Amid fears that the government could go too far with a drive for deregulation, Lord Hill said his proposals were “not about opening a gap between us and other global centres by proposing radical new departures to try to seize a competitive advantage . . . they are about closing a gap which has already opened up”.

Other recommendations include making it easier for companies to provide forward-looking guidance when raising capital by amending the liability regime, and improving the efficiency of the listing process. 

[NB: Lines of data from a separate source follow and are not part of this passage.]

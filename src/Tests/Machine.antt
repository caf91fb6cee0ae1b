-- ===== src/Tests/Machine.antt =====
-- A little-endian machine, and a binary search that takes one step after the other.
use swishxx.Common.{
  ℕ, zero, suc, ◌+◌, ◌*◌, ◌/◌, ◌%◌, ◌^◌, ◌<◌, ◌≡◌, refl, ap, true, false, Bool, ltb, if◌then◌else◌,
  Bool-cases, inl, inr, ◌≤◌, arith, List, [], ◌∷◌, ◌++◌, Option, none, some, length,
}
use swishxx.Posting.{◌>>=◌}
use swishxx.IndexFile.{Memory}
use swishxx.IndexFile.Search.{BinarySearch}

unfoldable pub le_bytes : ℕ → ℕ → List ℕ
le_bytes zero v = []
le_bytes (suc k) v = v % 256 ∷ le_bytes k (v / 256)

unfoldable pub le_value : ℕ → List ℕ → Option ℕ
le_value zero bs = some 0
le_value (suc k) [] = none
le_value (suc k) (b ∷ bs) = le_value k bs >>= λ v. some (b + 256 * v)

pub length-le_bytes : (k v : ℕ) → length (le_bytes k v) ≡ k
unfolding le_bytes
length-le_bytes zero v = refl
length-le_bytes (suc k) v = ap suc (length-le_bytes k (v / 256))

pub le_value-le_bytes :
    (k v : ℕ) (rest : List ℕ) → v < 256 ^ k → le_value k (le_bytes k v ++ rest) ≡ some v
unfolding le_bytes le_value
le_value-le_bytes zero v rest h = ap some (omega arith)
le_value-le_bytes (suc k) v rest h =
    let whole : v % 256 + 256 * (v / 256) ≡ v = omega arith in
    rw (le_value-le_bytes k (v / 256) rest (omega arith), whole) refl

-- Before anything is stored, arrays hold 77.
unfoldable pub garbage : ℕ → List ℕ
garbage zero = []
garbage (suc n) = 77 ∷ garbage n

pub length-garbage : (n : ℕ) → length (garbage n) ≡ n
unfolding garbage
length-garbage zero = refl
length-garbage (suc n) = ap suc (length-garbage n)

unfoldable pub little_endian : Memory
little_endian = record {
  bytes_of = le_bytes 8;
  value_at = le_value 8;
  new_array = garbage;
  bytes_are_eight = length-le_bytes 8;
  bytes_read_back = le_value-le_bytes 8;
  array_is_new = length-garbage;
}

-- A binary search by one step after the other.
unfoldable pub scan : (ℕ → Bool) → ℕ → ℕ → ℕ
scan test i zero = i
scan test i (suc left) = let later = scan test (suc i) left in if test i then later else i

pub scan_finds :
    (test : ℕ → Bool) (left i n k : ℕ)
    → n ≡ i + left
    → i ≤ k
    → k ≤ n
    → ((j : ℕ) → j < k → test j ≡ true)
    → ((j : ℕ) → k ≤ j → j < n → test j ≡ false)
    → scan test i left ≡ k
unfolding scan
scan_finds test zero i n k e l u before behind = omega arith
scan_finds test (suc left) i n k e l u before behind = elim (Bool-cases (ltb i k)) [
  | inl y ↦
      rw (before i (ground (arith, y)))
        (scan_finds test left (suc i) n k (omega arith) (ground (arith, y)) u before behind)
  | inr o ↦
      let here : i ≡ k = ground (arith, o, l) in rw (behind i (omega arith) (omega arith)) here
]

unfoldable pub linear : BinarySearch
linear = record {
  partition_point = λ test n. scan test 0 n;
  finds_partition = λ test n k. scan_finds test n 0 n k (omega arith) (omega arith);
}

The inclusion of a recommendation to help Spacs list in London by no longer suspending shares after a target is picked will be welcomed by many investors.

However, the rapid growth of such vehicles loaded with billions of dollars in speculative cash has also raised concerns about a bubble forming in the market.

Lord Hill said there was a risk that the UK was losing out on “homegrown and strategically significant companies coming to market in London” from overseas Spacs.

The UK has lagged behind New York and Hong Kong in attracting the types of companies from sectors, such as technology and life sciences, that dominate modern economies and attract investors seeking growth stocks. 

London accounted for only 5 per cent of IPOs globally over the past five years, while the number of listed companies in the UK has fallen by about 40 per cent since 2008. The review also pointed out the most significant companies listed in London were either financial or representative of the “old economy” rather than the “companies of the future”. 

Lord Hill referred to the flow of post-Brexit business to Amsterdam to make the point that the UK faced “stiff competition as a financial centre not just from the US and Asia, but from elsewhere in Europe”.

The steps represent a win for the London Stock Exchange Group, whose chief executive David Schwimmer has called for a more competitive listing regime. He said it was possible to strike a balance between being competitive and maintaining high corporate governance standards.